We recently need to change our Druid cluster worker select strategy as we have 2 data sources, which needs different JVM setting. There are 4 middlemanagers, we want to set it up so that one KIS supervisor uses 1 middlemanager and the other KIS supervisor use the rest of the three middlemaangers. However, after submit worker selectStrategy, and restart overlord services and KIS service, I still see KIS supervisor not following what we configured for worker select strategy. Can anybody tell me what I did wrong here?
Below is our worker selectStrategy json:
We are currently on Druid 0.10.1 version. I can see in druid MySQL druid_config table, there is a record name called ‘worker.config’.
What do you mean exactly by “not following”?
Fwiw, in Druid 0.11.0 there will be a new concept of “strong affinity” that can apply to affinity configs. With weak affinity (the default), tasks for a dataSource may be assigned to other middleManagers if their affinity-mapped middleManagers are not able to run all pending tasks in the queue for that dataSource. With strong affinity, tasks for a dataSource will only ever be assigned to their affinity-mapped middleManagers, and will wait in the pending queue if necessary.
Might it be that you are getting the weak affinity behavior (survey_events tasks would run on other middleManagers if ip-xx-xxx-xx-xx.aws.foreseeresults.com:8091 is full)? If so, you could switch to strong affinity in 0.11.0.
After I implemented the worker select strategy and restarted overlord service, I also restarted survey_events supervisor, I can see there are 4 tasks running for this supervisor, but not all of the tasks are running on ip-xx-xxx-xx-xx.aws.foreseeresults.com node. Each of the middlemanager nodes has 8 workers, and this ip-xx-xxx-xx-xx.aws.foreseeresults.com:8091 node has 8 workers free. So I would expect all of the 4 tasks should run on it. However, there are only 2 tasks running on this node, the other 2 tasks always run on another node, which is not assigned to this datasource.

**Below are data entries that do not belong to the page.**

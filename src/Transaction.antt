-- ===== src/Transaction.antt =====
-- src/transaction.cpp: a transaction that buffers its writes and applies them in Commit. The database
-- is an interface; Transaction/Database fills it with Engine's operations.
pub mod Commit
pub mod Database
pub mod Examples
use lightkv.Prelude.{
  ℕ, ◌+◌, ◌≡◌, Bool, true, false, Option, none, some, List, [], ◌∷◌, ◌++◌, bytes_eq, if◌then◌else◌,
}
use lightkv.Engine.{Status, is_ok}

-- What a transaction calls of DBImpl, with `wo.sync` set: Put, Delete, and Get at a snapshot.
pub record Store (S : Type 0) : Type 0 where
  pub put : List ℕ → List ℕ → S → Status × S
  pub delete : List ℕ → S → Status × S
  pub get : ℕ → List ℕ → S → (Status × List ℕ) × S

-- Transaction::WriteOp
pub data WriteOp : Type 0 where
  put_op : List ℕ → List ℕ → WriteOp
  delete_op : List ℕ → WriteOp

pub record Transaction : Type 0 where
  pub snapshot_seq : ℕ
  pub committed : Bool
  pub write_buf : List WriteOp

-- Transaction::Transaction
pub begin : ℕ → Transaction
begin snapshot = record { snapshot_seq = snapshot; committed = false; write_buf = [] }

-- Transaction::Put
unfoldable pub put : List ℕ → List ℕ → Transaction → Status × Transaction
put key value t =
    if t.committed
    then (Status.invalid_argument, t)
    else (Status.ok, record t { write_buf = t.write_buf ++ put_op key value ∷ [] })

-- Transaction::Delete
unfoldable pub delete : List ℕ → Transaction → Status × Transaction
delete key t =
    if t.committed
    then (Status.invalid_argument, t)
    else (Status.ok, record t { write_buf = t.write_buf ++ delete_op key ∷ [] })

abbrev pub op_key : WriteOp → List ℕ
op_key (put_op key value) = key
op_key (delete_op key) = key

-- The answer that an entry of the buffer gives.
abbrev pub op_value : WriteOp → Option (List ℕ)
op_value (put_op key value) = some value
op_value (delete_op key) = none

-- The loop of Transaction::Get from the back of the buffer: what the last write of the key left.
pub last_write : List ℕ → List WriteOp → Option (Option (List ℕ))
last_write key [] = none
last_write key (op ∷ ops) =
    let later = last_write key ops in
    elim later [
      | some r ↦ some r
      | none ↦ if bytes_eq (op_key op) key then some (op_value op) else none
    ]

-- The result of Get for what the buffer has.
abbrev pub buffered : Option (List ℕ) → Status × List ℕ
buffered none = (Status.not_found, [])
buffered (some value) = (Status.ok, value)

-- Behind the loop of Transaction::Get.
pub get_with :
    {S : Type 0} → Store S → ℕ → List ℕ → Option (Option (List ℕ)) → S → (Status × List ℕ) × S
get_with store snapshot key (some r) s = (buffered r, s)
get_with store snapshot key none s = store.get snapshot key s

-- Transaction::Get
unfoldable pub get : {S : Type 0} → Store S → List ℕ → Transaction → S → (Status × List ℕ) × S
get store key t s =
    if t.committed
    then ((Status.invalid_argument, []), s)
    else get_with store t.snapshot_seq key (last_write key t.write_buf) s

-- One write of Commit.
pub apply : {S : Type 0} → Store S → WriteOp → S → Status × S
apply store (put_op key value) s = store.put key value s
apply store (delete_op key) s = store.delete key s

-- The loop of Transaction::Commit: it stops at the first write that fails.
pub commit_loop : {S : Type 0} → Store S → List WriteOp → S → Status × S
commit_loop store [] s = (Status.ok, s)
commit_loop store (op ∷ ops) s =
    let (status, s') = apply store op s in
    let rest = commit_loop store ops s' in if is_ok status then rest else (status, s')

-- Transaction::Commit; an empty buffer takes no round of the loop.
pub commit : {S : Type 0} → Store S → Transaction → S → (Status × Transaction) × S
commit store t s =
    if t.committed
    then ((Status.invalid_argument, t), s)
    else (let (status, s') = commit_loop store t.write_buf s in
        ((status, record t { committed = true; write_buf = [] }), s'))

-- Transaction::Rollback
pub rollback : Transaction → Transaction
rollback t = record t { committed = true; write_buf = [] }

-- Transaction::~Transaction
pub destroy : Transaction → Transaction
destroy t = if t.committed then t else rollback t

That’s why I wonder if there is anything I configure wrong? Why not all of the tasks for this data source running on the node when it still has capacity?
What is the replication factor for the ingestion? Replicant tasks
cannot run on the same physical node, otherwise losing that one node
would actually potentially lose all replicants of the data. If the
two tasks that are running on another node are replicants, that could
also explain it.
Thank you. That’s the reason! The task replication factor is 2.